A tokenization ablation underscores why the hybrid approach matters. When the team forced the model to use discrete tokens for understanding, scores on text-rich tasks dropped sharply (e.g., an 8-point fall on ChartQA). A dual-encoder setup improved matters but still lagged the hybrid tokenizer across all categories.
Generation metrics tell a similar story. On GenEval, which grades prompt adherence, MANZANO-3B reaches an overall 0.85 score—competitive with 7- and 14-billion-parameter unified rivals. The 30B model maintains that mark while leaping ahead on WISE, a world-knowledge-grounded test (0.54 overall versus 0.46 for the 3B). Internal human raters also noted a 9.9-point gain in “structural integrity” of images when the team scaled only the diffusion decoder from 0.9 billion to 3.5 billion parameters, with no hit to language or generation scores.
Model |
GenEval Overall |
WISE Overall |
Bagel-14B |
0.82 |
0.52 |
X-Omni-7B |
0.83 |
— |
MANZANO-3B |
0.85 |
0.46 |
MANZANO-30B |
0.85 |
0.54 |
Perhaps most telling: when Apple trained single-task variants (understanding only or generation only) the unified model kept pace, losing less than one percentage point on perception tasks and tying or beating generation baselines on five of six datasets. That suggests the hybrid tokenizer largely solves the conflict at the heart of joint vision-language modelling.
From Playful Images to Precise Edits
Because MANZANO’s diffusion decoder can also accept a reference image, the researchers extended the system to common editing chores without changing weights. Give it a photo plus the instruction “replace the sky with a sunset,” and the LLM handles the instruction semantics while the diffusion block enforces pixel-level consistency. The team reports successful trials in style transfer, in-painting, out-painting, and even producing a dense depth map—all from the same backbone.

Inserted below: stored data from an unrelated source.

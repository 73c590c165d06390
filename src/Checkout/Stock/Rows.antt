-- ===== src/Checkout/Stock/Rows.antt =====
-- src/modules/checkout/services/stock-reservation.service.ts: the map of the locked rows and the
-- checks of the first loop.
use tri_ad_backend.Base.{
  ℕ, zero, suc, Bool, true, not, Option, none, some, List, [], ◌∷◌, ltb, ◌==◌, if◌then◌else◌,
}
use tri_ad_backend.Base.Int.{ℤ, pos, negsuc}
use tri_ad_backend.Shared.Errors.{
  application, validation, resource_not_found, Result, ok, ◌>>=◌, ◌>>◌, throw_if, or_throw,
}
use tri_ad_backend.Checkout.Db.{ProductRow, CartRow}

-- `productMap.get(id)`. An id is a primary key, so at most one row has it.
unfoldable pub find_product : ℕ → List ProductRow → Option ProductRow
find_product p [] = none
find_product p (r ∷ rs) = if r.id == p then some r else find_product p rs

-- `Number.isInteger(quantity) && quantity > 0`, on the integer that the table holds.
unfoldable pub positive : ℤ → Option ℕ
positive (pos zero) = none
positive (pos (suc n)) = some (suc n)
positive (negsuc n) = none

-- `product.stock < item.quantity`
unfoldable pub is_short : ℤ → ℕ → Bool
is_short (pos n) q = ltb n q
is_short (negsuc n) q = true

-- The first loop's body: what is wrong with an item, if anything.
unfoldable pub check_item : List ProductRow → CartRow → Result (Unit {0})
check_item locked i = do
  q ← or_throw (positive i.quantity) (application validation)
  r ← or_throw (find_product i.product_id locked) (application resource_not_found)
  throw_if (not r.is_active) (application validation)
  throw_if (is_short r.stock q) (application validation)

unfoldable pub check_items : List ProductRow → List CartRow → Result (Unit {0})
check_items locked [] = ok tt
check_items locked (i ∷ is) = do check_item locked i; check_items locked is

-- The quantity of an item that `check_item` has let through.
abbrev pub quantity : CartRow → ℕ
quantity i = elim i.quantity [ pos n ↦ n | negsuc n ↦ 0 ]
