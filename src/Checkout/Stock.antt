-- ===== src/Checkout/Stock.antt =====
-- src/modules/checkout/services/stock-reservation.service.ts: the reservation. Its spans and
-- counters are left out.
mod Rows
pub mod Reservation
pub mod Nonneg
unfoldable pub use Rows.{find_product, positive, is_short, check_item, check_items, quantity}
use tri_ad_backend.Base.{ℕ, ◌+◌, not, List, [], ◌∷◌, map}
use tri_ad_backend.Shared.Events.{product_updated}
use tri_ad_backend.Shared.Errors.{
  application, validation, resource_not_found, conflict, throw_if, or_throw,
}
use tri_ad_backend.Checkout.Db.{
  Tx, ProductRow, CartRow, pure, throw, lift, ◌>>=◌, ◌>>◌, lock_products_for_update,
  decrement_product_stock, persist_product_event,
}

module _ {D : Type 0} where
  -- The body of the second loop, for an item and its locked row (`productMap.get(...)!`).
  unfoldable pub take_item : CartRow → ProductRow → Tx D (Unit {0})
  unfolding decrement_product_stock persist_product_event
  take_item i r = do
    success ← decrement_product_stock i.product_id r.version (quantity i)
    lift (throw_if (not success) (application conflict))
    persist_product_event (product_updated i.product_id) (r.version + 1)

  unfoldable pub take_items : List ProductRow → List CartRow → Tx D (Unit {0})
  take_items locked [] = pure tt
  take_items locked (i ∷ is) = do
    r ← lift (or_throw (find_product i.product_id locked) (application resource_not_found))
    take_item i r
    take_items locked is

  unfoldable pub do_reserve_stock : List CartRow → Tx D (List ProductRow)
  do_reserve_stock items = do
    locked ← lock_products_for_update (map (λ (i : CartRow). i.product_id) items)
    lift (check_items locked items)
    take_items locked items
    pure locked

  unfoldable pub reserve_stock : List CartRow → Tx D (List ProductRow)
  reserve_stock [] = throw (application validation)
  reserve_stock (i ∷ is) = do_reserve_stock (i ∷ is)
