-- ===== src/Checkout/Service.antt =====
-- src/modules/checkout/checkout.service.ts: placing an order. Spans and counters are left out, and
-- the wait between attempts is what other requests do meanwhile.
pub mod Placing
pub mod Retry
pub mod Found
pub mod Again
mod Tests
use tri_ad_backend.Base.{
  ℕ, zero, suc, ◌+◌, Bool, true, false, not, Option, none, some, List, [], ◌∷◌, ◌++◌, ◌==◌,
  if◌then◌else◌,
}
use tri_ad_backend.Base.Int.{ℤ}
use tri_ad_backend.Shared.Number.{integer}
use tri_ad_backend.Shared.Money.{Money, vnd}
use tri_ad_backend.Shared.Money
use tri_ad_backend.Shared.Text.{Text, Unicode}
use tri_ad_backend.Shared.Errors.{
  Error, application, validation, resource_not_found, conflict, idempotency_conflict, other, Result,
  ok, err, throw_if, or_throw,
}
use tri_ad_backend.Shared.Errors
use tri_ad_backend.Orders.Order.{Order, Pricing, subtotal, total, add_item, apply_pricing}
use tri_ad_backend.Orders.Order
use tri_ad_backend.Orders.Lifecycle.{place}
use tri_ad_backend.Checkout.Db.{Db, Tx, ProductRow, CartRow, OrderRow, pure, lift, ◌>>=◌, ◌>>◌}
use tri_ad_backend.Checkout.Stock.{find_product, reserve_stock}
use tri_ad_backend.Checkout.Pricing.{Doubles, calculate_pricing}
use tri_ad_backend.Checkout.Save.{find_by_key, find_by_id, save_new_order, clear_cart_items, run}

-- The user of `findUserCartForCheckout`, with the cart if there is one.
pub record User : Type 0 where
  pub full_name : Text
  pub email : Text
  pub phone : Option Text
  pub cart : Option ℕ

-- `CheckoutInput`; an absent or empty key is `none`.
pub record CheckoutInput : Type 0 where
  pub idempotency_key : Option ℕ
  pub payment_method : ℕ
  pub address : Text
  pub phone : Text
  pub notes : Option Text
  pub discount_code : Option Text
  pub expected_total : Option ℕ

-- `input.phone || user.phone || ""`
pub order_phone : Text → Option Text → Text
order_phone (c ∷ t) user = c ∷ t
order_phone [] none = []
order_phone [] (some t) = t

-- The loop that adds the cart's items to the order, at the prices of the locked rows.
pub add_cart_items : List ProductRow → List CartRow → Order → Result Order
add_cart_items locked [] o = ok o
add_cart_items locked (i ∷ is) o =
    Errors.◌>>=◌ (or_throw (find_product i.product_id locked) (application resource_not_found)) λ r.
      Errors.◌>>=◌ (Money.create r.price vnd) λ price.
        Errors.◌>>=◌ (add_item i.product_id r.name (integer i.quantity) price o)
          λ o'. add_cart_items locked is o'

pub check_expected : Option ℕ → Order → Result (Unit {0})
check_expected none o = ok tt
check_expected (some n) o =
    Errors.◌>>=◌ (total o) λ t. throw_if (not (t.amount == n)) (application validation)

-- What the environment of an attempt supplies: the flag of the discount system, the clock,
-- `crypto.randomUUID()`, the order number generator, whether the database aborts the transaction,
-- and what other requests commit while the attempt before it waits.
pub record Attempt (D : Type 0) : Type 0 where
  pub enabled : Bool
  pub now : ℕ
  pub id : ℕ
  pub order_number : Text
  pub aborts : Bool
  pub meanwhile : Db D → Db D

-- `MAX_RETRIES`
abbrev pub max_retries : ℕ
max_retries = 5

-- The order of a key, for a request that has one.
pub existing_order : ℕ → Option ℕ → List OrderRow → Option OrderRow
existing_order user_id none rs = none
existing_order user_id (some k) rs = find_by_key user_id k rs

-- The rows of one cart.
pub cart_rows : ℕ → List CartRow → List CartRow
cart_rows c [] = []
cart_rows c (i ∷ is) = if i.cart_id == c then i ∷ cart_rows c is else cart_rows c is

-- The `catch` of `executeWithRetry`: the rest follows a `ConflictError` only.
pub retry_on : {D A : Type 0} → Result A → Db D → Result A × Db D → Result A × Db D
retry_on (err (application conflict)) db rest = rest
retry_on (err e) db rest = (err e, db)
retry_on (ok a) db rest = (ok a, db)

module _ (u : Unicode) (d : Doubles) where
  open d use {Double}

  -- The new order of an attempt, with the items of the cart.
  pub build_order :
      CheckoutInput → ℕ → User → List CartRow → Attempt Double → List ProductRow → Result Order
  build_order input user_id user items a locked =
      Errors.◌>>=◌
        (Order.create u (record {
          id = a.id;
          user_id = user_id;
          order_number = a.order_number;
          now = a.now;
          customer_name = user.full_name;
          customer_email = user.email;
          customer_phone = order_phone input.phone user.phone;
          customer_address = input.address;
          payment_method = input.payment_method;
          notes = input.notes;
        }))
        (add_cart_items locked items)

  -- The order priced and placed.
  pub price_order : CheckoutInput → Attempt Double → Order → Tx Double Order
  price_order input a filled = do
    sub ← lift (subtotal filled)
    pricing ← calculate_pricing d a.enabled a.now sub input.discount_code
    priced ← lift (apply_pricing pricing filled)
    lift (check_expected input.expected_total priced)
    lift (place priced)

  -- The order stored, and the cart cleared.
  pub store_order : CheckoutInput → ℕ → Order → Tx Double Order
  store_order input cart placed = do
    saved ← save_new_order placed input.idempotency_key
    clear_cart_items cart
    pure saved

  -- The transaction of one attempt.
  pub place_order : CheckoutInput → ℕ → User → ℕ → List CartRow → Attempt Double → Tx Double Order
  place_order input user_id user cart items a = do
    locked ← reserve_stock items
    filled ← lift (build_order input user_id user items a locked)
    placed ← price_order input a filled
    store_order input cart placed

  -- `executeWithRetry`, by the retries left and the number of the attempt.
  pub execute_with_retry :
      CheckoutInput → ℕ → User → ℕ → List CartRow → (ℕ → Attempt Double) → ℕ → ℕ → Tx Double Order
  execute_with_retry input user_id user cart items env zero k db =
      run (env k).aborts (place_order input user_id user cart items (env k)) ((env k).meanwhile db)
  execute_with_retry input user_id user cart items env (suc n) k db =
      let (r, db') =
        run (env k).aborts (place_order input user_id user cart items (env k))
          ((env k).meanwhile db) in
      let rest = execute_with_retry input user_id user cart items env n (suc k) db' in
      retry_on r db' rest

  -- What `checkout` makes of the outcome of the attempts.
  pub finish : ℕ → Option ℕ → Result Order → Tx Double (OrderRow × Bool)
  finish user_id key (ok o) db = elim (find_by_id o.id db.orders) [
    | none ↦ (err (other 500), db)
    | some r ↦ (ok (r, false), db)
  ]
  finish user_id key (err idempotency_conflict) db = elim (existing_order user_id key db.orders) [
    | none ↦ (err idempotency_conflict, db)
    | some r ↦ (ok (r, true), db)
  ]
  finish user_id key (err e) db = (err e, db)

  -- The checkout of a cart with the given items.
  pub checkout_cart :
      ℕ
      → CheckoutInput
      → User
      → ℕ
      → List CartRow
      → (ℕ → Attempt Double)
      → Tx Double (OrderRow × Bool)
  checkout_cart user_id input user cart [] env db = (err (application validation), db)
  checkout_cart user_id input user cart (i ∷ is) env db =
      let (r, db') = execute_with_retry input user_id user cart (i ∷ is) env max_retries 0 db in
      finish user_id input.idempotency_key r db'

  -- `checkout` behind the lookup of the key, for the user that was found.
  pub checkout_new :
      ℕ → CheckoutInput → Option User → (ℕ → Attempt Double) → Tx Double (OrderRow × Bool)
  checkout_new user_id input none env db = (err (application validation), db)
  checkout_new user_id input (some user) env db = elim user.cart [
    | none ↦ (err (application validation), db)
    | some cart ↦ checkout_cart user_id input user cart (cart_rows cart db.cart_items) env db
  ]

  pub checkout :
      ℕ → CheckoutInput → Option User → (ℕ → Attempt Double) → Tx Double (OrderRow × Bool)
  checkout user_id input user env db =
      elim (existing_order user_id input.idempotency_key db.orders) [
        | none ↦ checkout_new user_id input user env db
        | some r ↦ (ok (r, true), db)
      ]
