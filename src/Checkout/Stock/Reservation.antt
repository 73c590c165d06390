-- ===== src/Checkout/Stock/Reservation.antt =====
-- src/modules/checkout/services/stock-reservation.service.ts: what a reservation does to the tables.
use tri_ad_backend.Base.{
  ℕ, ◌+◌, ◌≡◌, ◌≢◌, refl, sym, ap, ◌∙◌, true, false, none, some, List, [], ◌∷◌, ◌++◌, map, arith,
  ◌==◌, if◌then◌else◌, Option-cases, inl, inr,
}
use mathlib.Core.List.{append_assoc, append-nil}
use tri_ad_backend.Shared.Events.{product_updated}
use tri_ad_backend.Shared.Errors.{Result, ok, Result-cases}
use tri_ad_backend.Checkout.Db.{
  Db, ProductRow, CartRow, EventRow, minus, locked_rows, selects, decrement_row,
  lock_products_for_update, >>=-eq-ok,
}
use tri_ad_backend.Checkout.Stock.{
  find_product, check_items, quantity, take_item, take_items, do_reserve_stock, reserve_stock,
}

-- `id` is a primary key.
abbrev pub IsKeyed : List ProductRow → Type 0
IsKeyed [] = Unit
IsKeyed (r ∷ rs) = (find_product r.id rs ≡ none) × IsKeyed rs

-- A product after the sale of one item: its stock falls, its version grows.
abbrev pub sell_one : CartRow → ProductRow → ProductRow
sell_one i r =
    if r.id == i.product_id
    then record r { stock = minus r.stock (quantity i); version = r.version + 1 }
    else r

abbrev pub sell : List CartRow → List ProductRow → List ProductRow
sell [] rs = rs
sell (i ∷ is) rs = sell is (map (sell_one i) rs)

-- The outbox rows of a reservation: one per item, at the version that the sale gives.
abbrev pub next_version : ℕ → List ProductRow → ℕ
next_version p locked = elim (find_product p locked) [ none ↦ 0 | some r ↦ r.version + 1 ]

abbrev pub sale_event : List ProductRow → CartRow → EventRow
sale_event locked i = record {
  event = product_updated i.product_id;
  source_version = next_version i.product_id locked;
}

abbrev pub sale_events : List ProductRow → List CartRow → List EventRow
sale_events locked [] = []
sale_events locked (i ∷ is) = sale_event locked i ∷ sale_events locked is

absent-decrement :
    (p v q : ℕ) (rs : List ProductRow)
    → find_product p rs ≡ none
    → (map (decrement_row p v q) rs ≡ rs) × (selects p v rs ≡ false)
unfolding find_product decrement_row selects
absent-decrement p v q [] h = (refl, refl)
absent-decrement p v q (r ∷ rs) h = ground (arith, absent-decrement p v q rs)

absent-sell_one :
    (i : CartRow) (rs : List ProductRow)
    → find_product i.product_id rs ≡ none
    → map (sell_one i) rs ≡ rs
unfolding find_product
absent-sell_one i [] h = refl
absent-sell_one i (r ∷ rs) h = ground (arith, absent-sell_one i rs)

decrement-sell_one :
    (i : CartRow) (v : ℕ) (rs : List ProductRow)
    → IsKeyed rs
    → selects i.product_id v rs ≡ true
    → map (decrement_row i.product_id v (quantity i)) rs ≡ map (sell_one i) rs
unfolding decrement_row selects
decrement-sell_one i v [] k h = cc
decrement-sell_one i v (r ∷ rs) k h = ground (
  arith,
  absent-decrement i.product_id v (quantity i) rs,
  absent-sell_one i rs,
  decrement-sell_one i v rs k.1,
)

find_product-sell_one :
    (p : ℕ) (i : CartRow) (rs : List ProductRow)
    → find_product p rs ≡ none
    → find_product p (map (sell_one i) rs) ≡ none
unfolding find_product
find_product-sell_one p i [] h = refl
find_product-sell_one p i (r ∷ rs) h = ground (arith, find_product-sell_one p i rs)

sell_one-IsKeyed : (i : CartRow) (rs : List ProductRow) → IsKeyed rs → IsKeyed (map (sell_one i) rs)
unfolding find_product
sell_one-IsKeyed i [] k = tt
sell_one-IsKeyed i (r ∷ rs) k =
    ground (arith, sell_one-IsKeyed i rs k.1, find_product-sell_one r.id i rs k.0)

module _ {D : Type 0} where
  pub take_item_lem :
      (i : CartRow) (r : ProductRow) (db db' : Db D)
      → take_item i r db ≡ (ok tt, db')
      → (selects i.product_id r.version db.products ≡ true)
        × (db' ≡ record db {
          products = map (decrement_row i.product_id r.version (quantity i)) db.products;
          outbox =
              db.outbox
              ++ record { event = product_updated i.product_id; source_version = r.version + 1 }
                ∷ [];
        })
  unfolding take_item
  take_item_lem i r db db' h = ground arith

  take_items_lem :
      (locked : List ProductRow) (is : List CartRow) (db db' : Db D)
      → IsKeyed db.products
      → take_items locked is db ≡ (ok tt, db')
      → db'
        ≡ record db { products = sell is db.products; outbox = db.outbox ++ sale_events locked is }
  unfolding take_items
  take_items_lem locked [] db db' k h = ground (arith, append-nil db.outbox)
  take_items_lem locked (i ∷ is) db db' k h =
      elim (Option-cases (find_product i.product_id locked)) [
        | inl e ↦ absurd (ground arith)
        | inr (r, e) ↦
            let (u, mid, taken, rest) =
              >>=-eq-ok (take_item i r) (λ _. take_items locked is) db db' (rw e at h) in
            let (hit, m) = take_item_lem i r db mid taken in
            let sold = decrement-sell_one i r.version db.products k hit in
            let products : mid.products ≡ map (sell_one i) db.products = rw m sold in
            let keyed : IsKeyed mid.products = rw products (sell_one-IsKeyed i db.products k) in
            let ih = take_items_lem locked is mid db' keyed rest in
            let events =
              append_assoc db.outbox
                (record { event = product_updated i.product_id; source_version = r.version + 1 }
                  ∷ [])
                (sale_events locked is) in
            ground arith
      ]

  -- The parts of a successful reservation.
  pub reserve_stock_steps :
      (items : List CartRow) (locked : List ProductRow) (db db' : Db D)
      → reserve_stock items db ≡ (ok locked, db')
      → (items ≢ [])
        × (locked ≡ locked_rows (map (λ (i : CartRow). i.product_id) items) db.products)
        × (check_items locked items ≡ ok tt)
        × (take_items locked items db ≡ (ok tt, db'))
  unfolding reserve_stock do_reserve_stock lock_products_for_update
  reserve_stock_steps [] locked db db' h = absurd (ground arith)
  reserve_stock_steps (i ∷ is) locked db db' h =
      let ids = i.product_id ∷ map (λ (i : CartRow). i.product_id) is in
      let rows = locked_rows ids db.products in
      elim (Result-cases (check_items rows (i ∷ is))) [
        | inr (x, e) ↦ absurd (let g = rw (e, do_reserve_stock) at h in cc g)
        | inl (u, e) ↦
            let (u', mid, taken, rest) =
              >>=-eq-ok (take_items rows (i ∷ is)) (λ _. λ (d : Db D). (ok rows, d)) db db'
                (rw (e, do_reserve_stock) at h) in
            let same : rows ≡ locked = ground arith in
            let same_db : mid ≡ db' = ground arith in
            let run = λ (l : List ProductRow). take_items l (i ∷ is) db in
            let result = λ (d : Db D). (let out : Result (Unit {0}) × Db D = (ok tt, d) in out) in
            ((λ x. cc), sym same, rw (← same) e, sym (ap run same) ∙ taken ∙ ap result same_db)
      ]

  -- A successful reservation was made for a non-empty cart; it returns the rows that it locked,
  -- takes each item off its product and counts up that product's version, and appends one outbox
  -- row per item. Nothing else in the tables changes.
  pub reserve_stock_lem :
      (items : List CartRow) (locked : List ProductRow) (db db' : Db D)
      → IsKeyed db.products
      → reserve_stock items db ≡ (ok locked, db')
      → (items ≢ [])
        × (locked ≡ locked_rows (map (λ (i : CartRow). i.product_id) items) db.products)
        × (check_items locked items ≡ ok tt)
        × (db' ≡ record db {
          products = sell items db.products;
          outbox = db.outbox ++ sale_events locked items;
        })
  reserve_stock_lem items locked db db' k h =
      let (some_items, rows, checked, taken) = reserve_stock_steps items locked db db' h in
      (some_items, rows, checked, take_items_lem locked items db db' k taken)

One qualitative comparison in the research shows MANZANO-30B generating a surreal but coherent scene (“The bird is flying below the elephant”) at visual quality that human graders found on par with outputs from GPT-4o and other leading generators. More routine prompts—street signs with legible text, multi-object spatial layouts—also show steady improvement as the language decoder scales from 300 M to 30 B parameters.
What Comes Next?
Apple’s study stops short of announcing any shipping product, but the architecture slots neatly into today’s LLM pipelines. Components are decoupled, objectives standardised, and scaling behaviour looks healthy on both language-centric and image-centric axes. The authors hint at future directions: conversational editing, deeper reasoning, and perhaps expansion into other modalities. For now, the takeaway is straightforward. By letting a single vision encoder speak two dialects—continuous for comprehension, discrete for creation—MANZANO narrows the gap between seeing and imagining without making users choose one skill over the other.